Abubakar Abdullah Tancap Gas Bentuk BLUD SMK, Sekolah Dituntut Lebih Mandiri

Sofifi, MI - Pemerintah Provinsi Maluku Utara terus memperkuat sektor pendidikan vokasi melalui percepatan pembentukan Badan Layanan Umum Daerah (BLUD) di Sekolah Menengah Kejuruan (SMK).
Langkah strategis itu ditegaskan dalam Rapat Koordinasi (Rakor) Penilaian Pembentukan BLUD SMK yang dipimpin langsung Sekda Malut Samsuddin Abdul Kadir, di Aula Dinas Pendidikan dan Kebudayaan, Senin (27/4/2026).
Rakor tersebut dilaksanakan sebagai tindak lanjut Peraturan Menteri Dalam Negeri Nomor 79 Tahun 2018 tentang Badan Layanan Umum Daerah, yang memberikan ruang fleksibilitas pengelolaan keuangan bagi instansi pelayanan publik, termasuk sekolah kejuruan.
Sekda Malut Samsuddin Abdul Kadir dalam arahannya menegaskan bahwa pendidikan vokasi memiliki peran vital dalam mencetak sumber daya manusia yang terampil dan siap bersaing di dunia industri.
Menurutnya, penerapan BLUD di SMK menjadi kebutuhan mendesak agar sekolah memiliki keleluasaan dalam mengelola keuangan, mengembangkan unit produksi, dan meningkatkan mutu layanan pendidikan.
“Pendidikan vokasi pada SMK merupakan instrumen penting dalam mencetak tenaga kerja terampil yang siap bersaing di dunia industri.
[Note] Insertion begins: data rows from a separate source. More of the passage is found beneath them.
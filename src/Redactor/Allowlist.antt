-- ===== src/Redactor/Allowlist.antt =====
-- The allowlists of src/policy/redactor.ts, and the markers of src/types/redaction.ts.
use db_cluster.Prelude.{
  String, true, false, Bool, Option, none, some, List, [], ◌∷◌, includes, if◌then◌else◌,
}
use db_cluster.Json.{Value, null, bool, num, str, buffer, arr, obj, Fields, end, field, get_field}

-- `PRESERVED_FIELDS_ARTIFACT`
abbrev pub preserved_fields_artifact : List String
preserved_fields_artifact =
    "id" ∷ "filename" ∷ "contentHash" ∷ "mimeType" ∷ "sizeBytes" ∷ "version" ∷ "storagePath"
    ∷ "ingestedAt" ∷ "owner" ∷ []

-- `PRESERVED_FIELDS_ENTITY`
abbrev pub preserved_fields_entity : List String
preserved_fields_entity =
    "id" ∷ "kind" ∷ "name" ∷ "attributes" ∷ "version" ∷ "createdAt" ∷ "updatedAt" ∷ "owner" ∷ []

-- `PRESERVED_FIELDS_COMMAND`
abbrev pub preserved_fields_command : List String
preserved_fields_command =
    "id" ∷ "verb" ∷ "targetStore" ∷ "payload" ∷ "proposedAt" ∷ "proposedBy" ∷ "status"
    ∷ "validation" ∷ "rejectionReason" ∷ "rejectedBy" ∷ "rejectedAt" ∷ "approvedBy" ∷ "approvedAt"
    ∷ "approvalNote" ∷ "committedAt" ∷ "committedBy" ∷ "compensatedBy" ∷ "compensatedAt"
    ∷ "compensatingCommandId" ∷ []

-- `PRESERVED_FIELDS_RECEIPT`
abbrev pub preserved_fields_receipt : List String
preserved_fields_receipt =
    "id" ∷ "commandId" ∷ "committedAt" ∷ "resultSummary" ∷ "affectedIds" ∷ "provenanceEventId"
    ∷ "integrityHash" ∷ "prevHash" ∷ []

-- `PRESERVED_FIELDS_PROVENANCE_EVENT`
abbrev pub preserved_fields_provenance_event : List String
preserved_fields_provenance_event =
    "id" ∷ "timestamp" ∷ "action" ∷ "actorId" ∷ "subjectId" ∷ "subjectStore" ∷ "detail"
    ∷ "parentEventId" ∷ "owner" ∷ "integrityHash" ∷ "prevHash" ∷ []

-- `PRESERVED_FIELDS_INDEX_RECORD`
abbrev pub preserved_fields_index_record : List String
preserved_fields_index_record =
    "id" ∷ "sourceId" ∷ "sourceStore" ∷ "text" ∷ "metadata" ∷ "embedding" ∷ "indexedAt" ∷ "owner"
    ∷ []

-- `inferMarkerKind`
unfoldable pub infer_marker_kind : Value → String
infer_marker_kind (str s) = "string"
infer_marker_kind (num n) = "number"
infer_marker_kind (buffer b) = "buffer"
infer_marker_kind (arr xs) = "array"
infer_marker_kind (obj f) = "object"
infer_marker_kind null = "unknown"
infer_marker_kind (bool b) = "unknown"

abbrev with_capability : Option String → Fields
with_capability none = end
with_capability (some c) = field "capability" (str c) end

-- `redactedMarker`
unfoldable pub redacted_marker : (kind reason : String) → Option String → Value
redacted_marker kind reason capability = obj (
    field "_redacted" (bool true)
      (field "kind" (str kind) (field "reason" (str reason) (with_capability capability))))

-- `isRedactedMarker`
unfoldable pub is_redacted_marker : Value → Bool
unfolding get_field
is_redacted_marker (obj f) = elim (get_field f "_redacted") [ some (bool b) ↦ b | _ ↦ false ]
is_redacted_marker _ = false

-- the marker of a field that the allowlist does not name
abbrev pub unknown_field : Value → Value
unknown_field v = redacted_marker (infer_marker_kind v) "unknown_field" none

-- `applyAllowlist`
unfoldable pub apply_allowlist : List String → Fields → Fields
unfolding infer_marker_kind redacted_marker
apply_allowlist allowed end = end
apply_allowlist allowed (field key v rest) =
    field key (if includes allowed key then v else unknown_field v) (apply_allowlist allowed rest)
Karena itu, implementasi BLUD menjadi prioritas,” ujar Samsuddin.
Ia mengungkapkan pembentukan BLUD bukan sekadar perubahan sistem administrasi, tetapi menjadi upaya nyata untuk memperkuat kualitas lulusan SMK agar mampu menjawab kebutuhan dunia kerja dan pembangunan daerah.
Senada denngan itu, Kepala Dinas Pendidikan dan Kebudayaan Malut, Abubakar Abdullah mengatakan BLUD SMK memiliki fungsi strategis dalam mendorong kemandirian sekolah.
Menurut Abubakar Abdullah sistem BLUD memungkinkan sekolah mengoptimalkan aset, meningkatkan produktivitas Teaching Factory (TeFa), mendorong kewirausahaan, serta memperkuat daya saing lulusan.
“Dengan BLUD, sekolah bisa lebih fleksibel dalam mengelola potensi yang dimiliki. Ini akan berdampak langsung pada kualitas lulusan yang lebih siap kerja,” katanya.
Pria yang akrab biasa disapa AKA itu juga mencontohkan salah satu SMKN di Jawa Tengah yang memiliki nilai valuasi aset mencapai Rp20 miliar. Ia berharap hal serupa dapat diwujudkan di Maluku Utara melalui pengelolaan yang lebih profesional.
Dari total SMK di Maluku Utara, baru 15 sekolah yang diusulkan menjadi BLUD, yakni SMKN 1 hingga SMKN 5 Ternate, SMKN 1 hingga SMKN 6 Tidore, SMKN 1 Halmahera Timur, SMKN 2 Halmahera Utara, dan SMKN 2 Halmahera Tengah.
Penetapan tersebut mempertimbangkan kepemilikan aset sekolah, kesiapan pengembangan Teaching Factory, serta sekolah yang telah menerima bantuan revitalisasi dari pemerintah pusat.
Menutup arahannya, Sekda Malut mengajak seluruh pihak untuk memperkuat sinergi dan komitmen bersama agar percepatan pembentukan BLUD SMK dapat berjalan optimal.
“Mari kita jadikan momentum ini sebagai tonggak penting dalam sejarah pendidikan vokasi di Maluku Utara, demi terciptanya generasi muda yang unggul dan berdaya saing,” tutupnya.
Rakor ini menjadi bukti keseriusan Pemprov Maluku Utara dalam membangun pendidikan yang adaptif, inovatif, dan mampu menjawab tantangan pembangunan daerah maupun persaingan global.